G'schicht in Beton
Architekt Peter Haimerl baute ein Bauernhaus im Bayerischen Wald vielschichtig um.
Wer vor der Wahl steht, ein ruinöses Bauernhaus zu konservieren und mit dem minimalen Komfort vergangener Tage zu leben oder es den modernen Wohlfühlstandards anzupassen und die Historie unter einer neuen Schichten zu verbergen, entscheidet sich allzu oft für letzteren Weg. Doch es gibt auch Ausnahmen. Nahe der kleinen Ortschaft Viechtach im Bayerischen Wald wagten eine Bauherrin und ihr Partner und Architekt des „oide Glump“ einfach mal ein „oides Glump“ sein zu lassen. Nur auf einen Luxus wollte das Paar nicht verzichten: warme Füße.
„Ich will, dass das Gebäude bleibt wie es ist, ... aber ich will nicht mehr frieren!“ Nur diesen einen Wunsch hatte die Bauherrin an den Umbau des alten Bauernhauses. Ein bisschen mehr als nur eine warme Stube hat sie am Ende schon bekommen.
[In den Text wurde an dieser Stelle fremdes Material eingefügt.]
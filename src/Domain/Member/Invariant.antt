-- ===== src/Domain/Member/Invariant.antt =====
-- INV-4: the state of a member claims no more than the qualification check found.
use yente.Prelude.{
  Text, ℕ, ◌≡◌, refl, sym, subst, ◌⊎◌, inl, inr, true, Option, none, some, List, [], ◌∷◌, ◌++◌, ok,
  arith, Option-cases, Bool-cases, same, same_refl, same_iff, lookup, insert, lookup-insert, ◌≢◌,
}
use mathlib.Core.List.{Memᴰ}
use yente.Domain.Address.{normalize_address, normalize_address_idem}
use yente.Domain.Member.{
  Member, Event, was_qualified, was_stopped, was_deleted, detail, State, Record, Input,
  Qualification, new, needs_profile, interviewing, qualified, active, is_terminal, advance,
  begin_intake, begin_interview, require_more_evidence, activate, stop_member, delete_member,
  create_member, allows,
}
use yente.Domain.Member.Runs.{
  Call, call, begins_intake, begins_interview, activates, requires_evidence, marks_qualified, stops,
  deletes, Reached, created, next,
}
use yente.Domain.Member.Qualified.{moved, advance_cases, marked, mark_qualified_cases}

-- Every qualification that is held stands in the history.
abbrev pub Certified : List (Text × Record) → List (Event × ℕ) → Type 0
Certified qualifications history =
    (policy : Text) (r : Record)
    → lookup policy qualifications ≡ some r
    → Memᴰ (was_qualified policy r.policy_version, r.qualified_at) history

pub record HasRecord (qualifications : List (Text × Record)) : Type 0 where
  pub policy : Text
  pub held : Record
  pub found : lookup policy qualifications ≡ some held

pub record IsValid (m : Member) : Type 0 where
  pub normal : normalize_address m.address ≡ some m.address
  pub certified : Certified m.qualifications m.history
  pub backed : (m.state ≡ qualified) ⊎ (m.state ≡ active) → HasRecord m.qualifications

mem-append : {x : Event × ℕ} (h k : List (Event × ℕ)) → Memᴰ x h → Memᴰ x (h ++ k)
mem-append [] k m = elim m [ ]
mem-append (y ∷ h) k (Memᴰ.head e) = Memᴰ.head e
mem-append (y ∷ h) k (Memᴰ.tail t) = Memᴰ.tail (mem-append h k t)

mem-append_self : (x : Event × ℕ) (h : List (Event × ℕ)) → Memᴰ x (h ++ x ∷ [])
mem-append_self x [] = Memᴰ.head refl
mem-append_self x (y ∷ h) = Memᴰ.tail (mem-append_self x h)

from_qualified :
    (s to : State)
    → allows s to ≡ true
    → to ≢ qualified
    → (to ≡ qualified) ⊎ (to ≡ active)
    → s ≡ qualified
unfolding allows
from_qualified s to a n q = ground arith

moved-IsValid :
    (m : Member) (to : State) (event : Event) (at : ℕ)
    → IsValid m
    → allows m.state to ≡ true
    → to ≢ qualified
    → IsValid (moved m to event at)
unfolding allows
moved-IsValid m to event at h a n = record {
  normal = h.normal;
  certified = λ policy r f. mem-append m.history _ (h.certified policy r f);
  backed = λ s. h.backed (inl (from_qualified m.state to a n s));
}

create_cases :
    (i : Input) (m : Member) (a : Text)
    → i.address ≡ some a
    → create_member i ≡ ok m
    → (normalize_address a ≡ some m.address) × (m.state ≡ new) × (m.qualifications ≡ [])
unfolding create_member
create_cases i m a e k = ground arith

create_needs_address : (i : Input) (m : Member) → i.address ≡ none → create_member i ≡ ok m → ⊥
unfolding create_member
create_needs_address i m e k = ground arith

nothing_held : (policy : Text) (r : Record) → lookup policy [] ≡ some r → ⊥
unfolding lookup
nothing_held policy r f = cc

create_member-IsValid : (i : Input) (m : Member) → create_member i ≡ ok m → IsValid m
create_member-IsValid i m k = elim (Option-cases i.address) [
  | inl e ↦ absurd (create_needs_address i m e k)
  | inr (a, e) ↦
      let (normal, fresh, no_record) = create_cases i m a e k in
      record {
        normal = normalize_address_idem a normal;
        certified = λ policy r f.
            absurd (nothing_held policy r (subst (λ q. lookup policy q ≡ some r) no_record f));
        backed = λ s. absurd (ground arith);
      }
]

certify :
    (policy id version : Text) (at : ℕ) (r : Record) (qs : List (Text × Record))
    (h : List (Event × ℕ))
    → Certified qs h
    → lookup policy (insert id (record { policy_version = version; qualified_at = at }) qs) ≡ some r
    → Memᴰ
        (was_qualified policy r.policy_version, r.qualified_at)
        (h ++ (was_qualified id version, at) ∷ [])
certify policy id version at r qs h c f = elim (Bool-cases (same id policy)) [
  | inl e ↦
      subst (λ x. Memᴰ x (h ++ (was_qualified id version, at) ∷ []))
        (ground (
          arith,
          lookup-insert id policy (record { policy_version = version; qualified_at = at }) qs,
          same_iff id policy,
        ))
        (mem-append_self (was_qualified id version, at) h)
  | inr e ↦ mem-append h _ (
      c policy r (
        ground (
          arith,
          lookup-insert id policy (record { policy_version = version; qualified_at = at }) qs,
        )))
]

marked-IsValid : (m : Member) (q : Qualification) (at : ℕ) → IsValid m → IsValid (marked m q at)
marked-IsValid m q at h = record {
  normal = h.normal;
  certified = λ policy r f.
      certify policy q.policy_id q.policy_version at r m.qualifications m.history h.certified f;
  backed = λ s. record {
    policy = q.policy_id;
    held = record { policy_version = q.policy_version; qualified_at = at };
    found = rw (lookup-insert, same_refl);
  };
}

-- The member that a stop or a deletion returns: itself, or one with a further event in a final state.
ended_cases :
    (m n : Member) (at : ℕ) (reason : Option Text)
    → (stop_member m at reason ≡ ok n) ⊎ (delete_member m at reason ≡ ok n)
    → (n ≡ m)
      ⊎ ((is_terminal n.state ≡ true)
          × (n.address ≡ m.address)
          × (n.qualifications ≡ m.qualifications)
          × ((n.history ≡ m.history ++ (was_stopped (detail reason), at) ∷ [])
              ⊎ (n.history ≡ m.history ++ (was_deleted (detail reason), at) ∷ [])))
unfolding stop_member delete_member
ended_cases m n at reason e = ground arith

kept_history :
    (qs : List (Text × Record)) (h k : List (Event × ℕ)) → Certified qs h → Certified qs (h ++ k)
kept_history qs h k c policy r f = mem-append h k (c policy r f)

ended-IsValid :
    (m n : Member) (at : ℕ) (reason : Option Text)
    → IsValid m
    → (stop_member m at reason ≡ ok n) ⊎ (delete_member m at reason ≡ ok n)
    → IsValid n
ended-IsValid m n at reason h e = elim (ended_cases m n at reason e) [
  | inl f ↦ subst IsValid (sym f) h
  | inr (t, a, q, f) ↦ record {
    normal = rw a h.normal;
    certified = rw q (history_cases f);
    backed = λ s. absurd (ground arith);
  }
]
  where
    history_cases :
        (n.history ≡ m.history ++ (was_stopped (detail reason), at) ∷ [])
          ⊎ (n.history ≡ m.history ++ (was_deleted (detail reason), at) ∷ [])
        → Certified m.qualifications n.history
    history_cases (inl g) = rw g (kept_history m.qualifications m.history _ h.certified)
    history_cases (inr g) = rw g (kept_history m.qualifications m.history _ h.certified)

advance-IsValid :
    (m n : Member) (to : State) (at : ℕ) (event : Event)
    → to ≢ qualified
    → IsValid m
    → advance m to at event ≡ ok n
    → IsValid n
advance-IsValid m n to at event ne h e =
    let (a, f) = advance_cases m n to at event e in
    subst IsValid (sym f) (moved-IsValid m to event at h a ne)

call-IsValid : (c : Call) (m n : Member) → IsValid m → call c m ≡ ok n → IsValid n
unfolding call begin_intake begin_interview require_more_evidence activate
call-IsValid (begins_intake at) m n h e = advance-IsValid m n needs_profile at _ (λ p. cc) h e
call-IsValid (begins_interview at) m n h e = advance-IsValid m n interviewing at _ (λ p. cc) h e
call-IsValid (activates at) m n h e = advance-IsValid m n active at _ (λ p. cc) h e
call-IsValid (requires_evidence at reason policy) m n h e =
    advance-IsValid m n needs_profile at _ (λ p. cc) h e
call-IsValid (marks_qualified q at) m n h e =
    subst IsValid (sym (mark_qualified_cases m n q at e).1) (marked-IsValid m q at h)
call-IsValid (stops at reason) m n h e = ended-IsValid m n at reason h (inl e)
call-IsValid (deletes at reason) m n h e = ended-IsValid m n at reason h (inr e)

-- Of every member that the operations reach: the address is in normal form; each qualification that
-- is held stands in the history with its version and time; and a qualified or active member holds one.
pub Reached-IsValid : {i : Input} (m : Member) → Reached i m → IsValid m
Reached-IsValid {i} m (created e) = create_member-IsValid i m e
Reached-IsValid m (next {m = k} c r e) = call-IsValid c k m (Reached-IsValid k r) e
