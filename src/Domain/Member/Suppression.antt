-- ===== src/Domain/Member/Suppression.antt =====
-- INV-9: who stopped or was deleted stays so.
use yente.Prelude.{Text, ℕ, ◌≤◌, ◌≡◌, refl, ap, true, false, Option, List, [], ◌∷◌, arith, max_date}
use yente.Domain.Member.{
  Member, deleted, is_terminal, advance, begin_intake, begin_interview, require_more_evidence,
  mark_qualified, activate, stop_member, delete_member, can_receive_outbound,
}
use yente.Domain.Member.Runs.{
  Call, call, begins_intake, begins_interview, activates, requires_evidence, marks_qualified, stops,
  deletes, kept, run,
}

deleted_kept : (c : Call) (m : Member) → m.state ≡ deleted → kept m (call c m) ≡ m
unfolding call begin_intake begin_interview require_more_evidence mark_qualified activate
    stop_member delete_member advance
deleted_kept (begins_intake at) m d = ground arith
deleted_kept (begins_interview at) m d = ground arith
deleted_kept (activates at) m d = ground arith
deleted_kept (requires_evidence at reason policy) m d = ground arith
deleted_kept (marks_qualified q at) m d = ground arith
deleted_kept (stops at reason) m d = ground arith
deleted_kept (deletes at reason) m d = ground arith

terminal_kept :
    (c : Call) (m : Member)
    → is_terminal m.state ≡ true
    → is_terminal (kept m (call c m)).state ≡ true
unfolding call begin_intake begin_interview require_more_evidence mark_qualified activate
    stop_member delete_member advance
terminal_kept (begins_intake at) m d = ground arith
terminal_kept (begins_interview at) m d = ground arith
terminal_kept (activates at) m d = ground arith
terminal_kept (requires_evidence at reason policy) m d = ground arith
terminal_kept (marks_qualified q at) m d = ground arith
terminal_kept (stops at reason) m d = ground arith
terminal_kept (deletes at reason) m d = ground arith

-- No sequence of operations changes a deleted member.
pub run_deleted : (m : Member) (cs : List Call) → m.state ≡ deleted → run m cs ≡ m
unfolding run
run_deleted m [] d = refl
run_deleted m (c ∷ cs) d = rw (deleted_kept c m d) (run_deleted m cs d)

run_terminal :
    (m : Member) (cs : List Call)
    → is_terminal m.state ≡ true
    → can_receive_outbound (run m cs) ≡ false
unfolding run can_receive_outbound
run_terminal m [] d = ground arith
run_terminal m (c ∷ cs) d = run_terminal (kept m (call c m)) cs (terminal_kept c m d)

ended :
    (m : Member) (at : ℕ) (reason : Option Text)
    → at ≤ max_date
    → (is_terminal (kept m (stop_member m at reason)).state ≡ true)
      × ((kept m (delete_member m at reason)).state ≡ deleted)
unfolding stop_member delete_member
ended m at reason valid = (ground arith, ground arith)

-- At a valid time a stop or a deletion takes effect in every state, and after it no sequence of
-- operations makes the member one that may be written to; a deleted member is not changed again.
pub suppression_final :
    (m : Member) (at : ℕ) (reason : Option Text) (cs : List Call)
    → at ≤ max_date
    → (can_receive_outbound (run (kept m (stop_member m at reason)) cs) ≡ false)
      × (can_receive_outbound (run (kept m (delete_member m at reason)) cs) ≡ false)
      × (run (kept m (delete_member m at reason)) cs ≡ kept m (delete_member m at reason))
suppression_final m at reason cs valid =
    let (stop, delete) = ended m at reason valid in
    (run_terminal _ cs stop, run_terminal _ cs (ap is_terminal delete), run_deleted _ cs delete)
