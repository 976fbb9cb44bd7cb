-- ===== src/Domain/Member/Tests.antt =====
-- A member, at concrete inputs.
use yente.Prelude.{◌≡◌, refl, true, false, none, some, List, [], ◌∷◌, ok, arith, codes}
use yente.Domain.Address.{
  normalize_address, trim, lower, is_space, trim_start, trim_end, last_index_of,
}
use yente.Domain.Member.{
  Member, Input, Qualification, active, create_member, advance, allows, begin_intake,
  begin_interview, new, member_created, mark_qualified, activate, stop_member, can_receive_outbound,
}
use yente.Domain.Member.Runs.{
  Call, call, begins_intake, begins_interview, activates, marks_qualified, kept, run, created,
  Reached-run,
}
use yente.Domain.Member.Suppression.{suppression_final}
use yente.Domain.Member.Invariant.{IsValid, Reached-IsValid}

abbrev ada : Input
ada = record {
  member_id = some (codes "mem_1");
  address = some (codes " Ada@Example.COM ");
  inbound_established_at = some 3;
  created_at = 4;
}

abbrev newcomer : Member
newcomer = record {
  member_id = codes "mem_1";
  address = codes "ada@example.com";
  state = new;
  inbound_established_at = 3;
  qualifications = [];
  stopped_at = none;
  deleted_at = none;
  history = (member_created, 4) ∷ [];
}

newcomer_created : create_member ada ≡ ok newcomer
unfolding create_member normalize_address is_space trim_start trim_end trim last_index_of lower
newcomer_created = refl

no_domain : normalize_address (codes "ada@") ≡ none
unfolding normalize_address is_space trim_start trim_end trim last_index_of lower
no_domain = refl

abbrev passed : Qualification
passed = record { qualified = true; policy_id = codes "p"; policy_version = codes "1" }

abbrev intake : List Call
intake = begins_intake 5 ∷ begins_interview 6 ∷ []

abbrev to_active : List Call
to_active = begins_intake 5 ∷ begins_interview 6 ∷ marks_qualified passed 7 ∷ activates 8 ∷ []

becomes_active : (run newcomer to_active).state ≡ active
unfolding run call begin_intake begin_interview mark_qualified activate advance allows
becomes_active = refl

suppression_final_example :
    can_receive_outbound (run (kept newcomer (stop_member newcomer 9 none)) to_active) ≡ false
suppression_final_example = (suppression_final newcomer 9 none to_active (omega arith)).0

Reached-IsValid_example : IsValid (run newcomer to_active)
Reached-IsValid_example =
    Reached-IsValid (run newcomer to_active)
      (Reached-run newcomer to_active (created newcomer_created))
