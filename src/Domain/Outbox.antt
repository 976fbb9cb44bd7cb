-- ===== src/Domain/Outbox.antt =====
-- src/domain/outbox.js: one outbound email as a durable job. A function that throws returns `err`.
-- `Math.random()` is a fraction, given with each call that draws one; its product with the ceiling of a
-- backoff is taken exactly.
pub mod Runs
pub mod Cases
pub mod Attempts
pub mod Timing
pub mod Enrollment
mod Tests
use yente.Prelude.{
  Text, ℕ, zero, suc, ◌+◌, ◌-◌, ◌*◌, ◌/◌, ◌^◌, Bool, true, false, not, ◌&&◌, Option, none, some,
  List, [], ◌∷◌, ◌++◌, Result, ok, err, ◌>>=◌, ◌>>◌, throw_if, timestamp, leb, ltb, max_date,
  lookup, insert, codes, length, min, if◌then◌else◌, ◌==◌, map, same, truthy,
}
use yente.Domain.Address.{lower}

pub data Purpose : Type 0 where
  profile_request linkedin_request interview_question clarification profile_confirmation : Purpose
  conversation private_match_preview joint_introduction stop_confirmation : Purpose
  deletion_confirmation enrollment_invitation : Purpose

-- OUTBOUND_PURPOSES
abbrev pub outbound_purposes : List (Text × Purpose)
outbound_purposes =
    (codes "profile_request", profile_request)
    ∷ (codes "linkedin_request", linkedin_request)
    ∷ (codes "interview_question", interview_question)
    ∷ (codes "clarification", clarification)
    ∷ (codes "profile_confirmation", profile_confirmation)
    ∷ (codes "conversation", conversation)
    ∷ (codes "private_match_preview", private_match_preview)
    ∷ (codes "joint_introduction", joint_introduction)
    ∷ (codes "stop_confirmation", stop_confirmation)
    ∷ (codes "deletion_confirmation", deletion_confirmation)
    ∷ (codes "enrollment_invitation", enrollment_invitation)
    ∷ []

pub data State : Type 0 where
  pending sending sent retry_wait dead : State

-- TERMINAL_OUTBOX_STATES
abbrev pub is_terminal : State → Bool
is_terminal sent = true
is_terminal dead = true
is_terminal _ = false

pub data Reason : Type 0 where
  stalled_attempts_exhausted : Reason
  permanent_failure : Option Text → Reason
  attempts_exhausted : ℕ → Option Text → Reason

pub data Event : Type 0 where
  enqueued : Purpose → Text → Option Text → Event
  send_started : ℕ → Event
  was_sent : Text → ℕ → Event
  died : Reason → Event
  retry_scheduled : ℕ → ℕ → ℕ → Option Text → Event
  recovered_stalled_send : ℕ → ℕ → Event

pub record Invitation : Type 0 where
  pub thread_id : Text
  pub invited_by_member_id : Text

pub record Job : Type 0 where
  pub job_id : Text
  pub idempotency_key : Text
  pub purpose : Purpose
  pub recipients : List Text
  pub headers : List (Text × Text)
  pub state : State
  pub attempts : ℕ
  pub max_attempts : ℕ
  pub base_ms : ℕ
  pub max_ms : ℕ
  pub available_at : ℕ
  pub message_id : Option Text
  pub sent_at : Option ℕ
  pub last_error : Option Text
  pub invitation : Option Invitation
  pub history : List (Event × ℕ)

pub data Error : Type 0 where
  missing_job_id missing_idempotency_key unsupported_purpose no_recipients : Error
  missing_list_unsubscribe missing_list_unsubscribe_post not_one_recipient : Error
  bad_max_attempts bad_attempt invalid_timestamp invalid_date missing_message_id : Error
  already_sent is_dead already_sending sent_with_another_message_id : Error
  not_an_address missing_thread not_a_participant missing_member inviter_not_live : Error
  self_invitation : Error
  not_due : ℕ → Error
  wrong_state : State → Error

-- A backoff as a caller gives it, and DEFAULT_BACKOFF.
pub record Backoff : Type 0 where
  pub base_ms : Option ℕ
  pub max_ms : Option ℕ
  pub max_attempts : Option ℕ

abbrev pub given {ℓ} : {A : Type ℓ} → Option A → A → A
given none a = a
given (some a) b = a

abbrev pub default_base_ms : ℕ
default_base_ms = 60000

abbrev pub default_max_ms : ℕ
default_max_ms = 21600000

abbrev pub default_max_attempts : ℕ
default_max_attempts = 6

-- A value of `Math.random()`, `num / den`.
pub record Draw : Type 0 where
  pub num : ℕ
  pub den : ℕ

unfoldable pub backoff_ceiling : ℕ → ℕ → ℕ → ℕ
backoff_ceiling attempt base_ms max_ms = min (base_ms * 2 ^ (attempt - 1)) max_ms

unfoldable pub backoff_ms : ℕ → ℕ → ℕ → Draw → Result Error ℕ
backoff_ms zero base_ms max_ms draw = err bad_attempt
backoff_ms (suc n) base_ms max_ms draw =
    ok (draw.num * backoff_ceiling (suc n) base_ms max_ms / draw.den)

-- `Object.fromEntries` of the headers with their names in lower case.
unfoldable pub lower_keys : List (Text × Text) → List (Text × Text) → List (Text × Text)
lower_keys keys [] = keys
lower_keys keys ((k, v) ∷ rest) = lower_keys (insert (map lower k) v keys) rest

unfoldable pub require_unsubscribe_headers : List (Text × Text) → Result Error (Unit {0})
require_unsubscribe_headers headers = do
  throw_if (not (truthy (lookup (codes "list-unsubscribe") (lower_keys [] headers))))
      missing_list_unsubscribe
  throw_if (not (truthy (lookup (codes "list-unsubscribe-post") (lower_keys [] headers))))
      missing_list_unsubscribe_post

pub record Email : Type 0 where
  pub job_id : Text
  pub idempotency_key : Text
  pub purpose : Text
  pub recipients : List Text
  pub enqueued_at : ℕ
  pub headers : List (Text × Text)
  pub backoff : Backoff

abbrev supported_purpose : Option Purpose → Result Error Purpose
supported_purpose none = err unsupported_purpose
supported_purpose (some p) = ok p

-- The checks on the one class of mail that goes to somebody who did not write in.
abbrev check_purpose : Purpose → Email → Result Error (Unit {0})
check_purpose enrollment_invitation e =
    require_unsubscribe_headers e.headers
    >> throw_if (not (length e.recipients == 1)) not_one_recipient
check_purpose _ e = ok tt

unfoldable pub enqueue_email : Email → Result Error Job
enqueue_email e = do
  throw_if (not (truthy (some e.job_id))) missing_job_id
  throw_if (not (truthy (some e.idempotency_key))) missing_idempotency_key
  purpose ← supported_purpose (lookup e.purpose outbound_purposes)
  throw_if (length e.recipients == 0) no_recipients
  check_purpose purpose e
  throw_if (ltb (given e.backoff.max_attempts default_max_attempts) 1) bad_max_attempts
  at ← timestamp invalid_timestamp e.enqueued_at
  ok (record {
    job_id = e.job_id;
    idempotency_key = e.idempotency_key;
    purpose = purpose;
    recipients = e.recipients;
    headers = e.headers;
    state = pending;
    attempts = 0;
    max_attempts = given e.backoff.max_attempts default_max_attempts;
    base_ms = given e.backoff.base_ms default_base_ms;
    max_ms = given e.backoff.max_ms default_max_ms;
    available_at = at;
    message_id = none;
    sent_at = none;
    last_error = none;
    invitation = none;
    history = (enqueued purpose e.idempotency_key none, at) ∷ [];
  })

abbrev pub claimable : State → Result Error (Unit {0})
claimable sent = err already_sent
claimable dead = err is_dead
claimable sending = err already_sending
claimable _ = ok tt

unfoldable pub begin_send : Job → ℕ → Result Error Job
begin_send j now = do
  claimable j.state
  at ← timestamp invalid_timestamp now
  throw_if (ltb at j.available_at) (not_due j.available_at)
  ok (record j {
    state = sending;
    attempts = j.attempts + 1;
    history = j.history ++ (send_started (j.attempts + 1), at) ∷ [];
  })

abbrev pub sent_as : Option Text → Text → Bool
sent_as none id = false
sent_as (some old) id = same old id

abbrev mark_sent_in : State → Job → Text → ℕ → Result Error Job
mark_sent_in sent j id sent_at =
    if sent_as j.message_id id then ok j else err sent_with_another_message_id
mark_sent_in sending j id sent_at = do
  at ← timestamp invalid_timestamp sent_at
  ok (record j {
    state = sent;
    message_id = some id;
    sent_at = some at;
    last_error = none;
    history = j.history ++ (was_sent id j.attempts, at) ∷ [];
  })
mark_sent_in s j id sent_at = err (wrong_state s)

abbrev sent_text : Option Text → Result Error Text
sent_text none = err missing_message_id
sent_text (some []) = err missing_message_id
sent_text (some (c ∷ cs)) = ok (c ∷ cs)

unfoldable pub mark_sent : Job → Option Text → ℕ → Result Error Job
mark_sent j message_id sent_at = do id ← sent_text message_id; mark_sent_in j.state j id sent_at

-- `new Date(ms).toISOString()`
abbrev pub to_iso : ℕ → Result Error ℕ
to_iso ms = if leb ms max_date then ok ms else err invalid_date

-- Back in line after a failed attempt.
abbrev pub schedule_retry : Job → ℕ → Option Text → Draw → Result Error Job
schedule_retry j when error draw = do
  delay ← backoff_ms j.attempts j.base_ms j.max_ms draw
  available ← to_iso (when + delay)
  ok (record j {
    last_error = error;
    state = retry_wait;
    available_at = available;
    history = j.history ++ (retry_scheduled j.attempts delay available error, when) ∷ [];
  })

abbrev pub bury : Job → Reason → Option Text → ℕ → Job
bury j reason error when = record j {
  last_error = error;
  state = dead;
  history = j.history ++ (died reason, when) ∷ [];
}

abbrev is_sending : State → Bool
is_sending sending = true
is_sending _ = false

abbrev failure : Job → ℕ → Option Text → Bool → Draw → Result Error Job
failure j when error true draw = ok (bury j (permanent_failure error) error when)
failure j when error false draw =
    if leb j.max_attempts j.attempts
    then ok (bury j (attempts_exhausted j.attempts error) error when)
    else schedule_retry j when error draw

unfoldable pub mark_failed : Job → ℕ → Option Text → Bool → Draw → Result Error Job
mark_failed j at error permanent draw = do
  throw_if (not (is_sending j.state)) (wrong_state j.state)
  when ← timestamp invalid_timestamp at
  failure j when error permanent draw

abbrev start_of : Event → ℕ → Option ℕ
start_of (send_started n) at = some at
start_of _ at = none

-- The last SEND_STARTED of the history.
unfoldable pub started_at : List (Event × ℕ) → Option ℕ
started_at [] = none
started_at ((e, at) ∷ rest) = elim (started_at rest) [ some t ↦ some t | none ↦ start_of e at ]

-- `startedAt && at - startedAt < stalledAfterMs`
abbrev pub still_running : Option ℕ → ℕ → ℕ → Bool
still_running none at stalled_after_ms = false
still_running (some t) at stalled_after_ms = ltb at (t + stalled_after_ms)

abbrev pub recover_later : Job → ℕ → Draw → Result Error Job
recover_later j at draw = do
  delay ← backoff_ms j.attempts j.base_ms j.max_ms draw
  available ← to_iso (at + delay)
  ok (record j {
    state = retry_wait;
    available_at = available;
    history = j.history ++ (recovered_stalled_send j.attempts available, at) ∷ [];
  })

abbrev recover : Job → ℕ → Draw → Result Error Job
recover j at draw =
    if leb j.max_attempts j.attempts
    then ok (bury j stalled_attempts_exhausted j.last_error at)
    else recover_later j at draw

abbrev recover_in : State → Job → ℕ → ℕ → Draw → Result Error Job
recover_in sending j now stalled_after_ms draw = do
  at ← timestamp invalid_timestamp now
  if still_running (started_at j.history) at stalled_after_ms then ok j else recover j at draw
recover_in _ j now stalled_after_ms draw = ok j

unfoldable pub recover_stalled_send : Job → ℕ → ℕ → Draw → Result Error Job
recover_stalled_send j now stalled_after_ms draw = recover_in j.state j now stalled_after_ms draw

abbrev is_due_in : State → Job → ℕ → Result Error Bool
is_due_in sent j now = ok false
is_due_in dead j now = ok false
is_due_in sending j now = ok false
is_due_in _ j now = do at ← timestamp invalid_timestamp now; ok (leb j.available_at at)

unfoldable pub is_due : Job → ℕ → Result Error Bool
is_due j now = is_due_in j.state j now

-- `haltOutbound === true`, false by default.
unfoldable pub is_sending_halted : Option Bool → Bool
is_sending_halted halt_outbound = given halt_outbound false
Tiptop-Jodelhütte, nein danke!
Das ursprüngliche Bauernhaus wurde 1840 inmitten der bewaldeten Landschaft des Bayerischen Waldes gebaut und, wie es der Lauf der Zeit so mit sich bringt, mehrere Male durch Aufstockungen und Anbauten ergänzt und neuen Nutzungen angepasst. Die letzte Bewohnerin, Bäuerin Cilli Sigl, starb 1974. Danach stand der Bau leer – bis ihn die Künstlerin Jutta Görlich und ihr Lebensgefährte, der Architekt Peter Haimerl erwarben. „Eine Tiptop-Jodelhüttenrenovierung für mein altes Bauernhaus kommt für mich nicht in Frage. Ich möchte, dass das Flickwerkhafte, Angestückelte des alten Hauses sichtbar bleibt“, erklärte die Bauherrin im Vorfeld ihre Vision für das Gebäude. „Man soll die Stellen sehen, wo es sich dehnen musste, wo es mit den Bedürfnissen der Bewohner wachsen musste.“ Dabei ging es ihr nicht darum, sich einen spartanischen Wohnstil aufzuerlegen, sondern vor allem um eine größere Wertschätzung der architektonischen Tradition der Region. Abblätternde Farbe, unterschiedlich starke Wände und der Futtertrog im Stall sollten als Zeitdokumente sichtbar bleiben und an die Geschichte und Bedürfnisse der vormaligen Nutzer erinnern.
Beton mit Blähglas
Von außen ist die Veränderung kaum erkennbar. Und auch im Inneren blieben die Räume in ihrer Anordnung und Nutzung exakt wie sie waren. Die Einbauten beschränken sich auf vier Bereiche, in die Peter Haimerl Kuben aus weißem Leichtbeton einfügte. Eine minimalistische Geste, die einerseits die Rohheit der Bestandsarchitektur unterstreicht und andererseits einen klaren Kontrast in der Oberfläche schafft. Durch den Zuschlag aus Blähglas erlangt der Werkstoff seine wärmedämmende Wirkung. Gleichzeitig ist die besondere Mixtur eine Referenz an eine im Bayerischen Wald häufig anzutreffende geologische Formation, den „Quarzkeil“und die daraus folgende Tradition und Glasbläserei-Kunst. Ausschnitte in den Betonflächen um alte Fenster und Türen herum oder im Boden oder der Decke rahmen die äußere Hülle des Hauses. Mal wird der Blick auf ursprünglichen Lehmboden freigegeben, mal auf die historischen Holzfenster oder hinauf in den alten Dachstuhl.
Birg mich, Cilli!
Die vier Betonvolumen dienen den neuen Bewohnern als Lebensmittelpunkt: Stube, Küche und Badezimmer im Erdgeschoss sowie das Schlafzimmer im Obergeschoss wirken wie ein abstraktes Inlay in der alten Substanz. Doch sind sie nicht nur ein formaler Eingriff, sie reaktivieren den ländlichen Lebensrhythmus, der sich nach den Jahreszeiten richtet: Während im Sommer der gesamte Bau genutzt werden kann, reduziert sich das Raumprogramm im Winter auf die Zimmer aus Beton. Sie werden über eine Fußbodenheizung, die über einen Kamin in Gang gesetzt wird, zu Wärmekapseln – umschlossen von einem kalten Hüllraum. Damit wird die architektonische Idee des liebevoll „Birg mich, Cilli!“ genannten Bauvorhabens zu einem ganzheitlichen, den Alltag der Bewohner beeinflussenden Konzept. Ganz ohne folkloristische Nostalgie, dafür aber voller Poesie.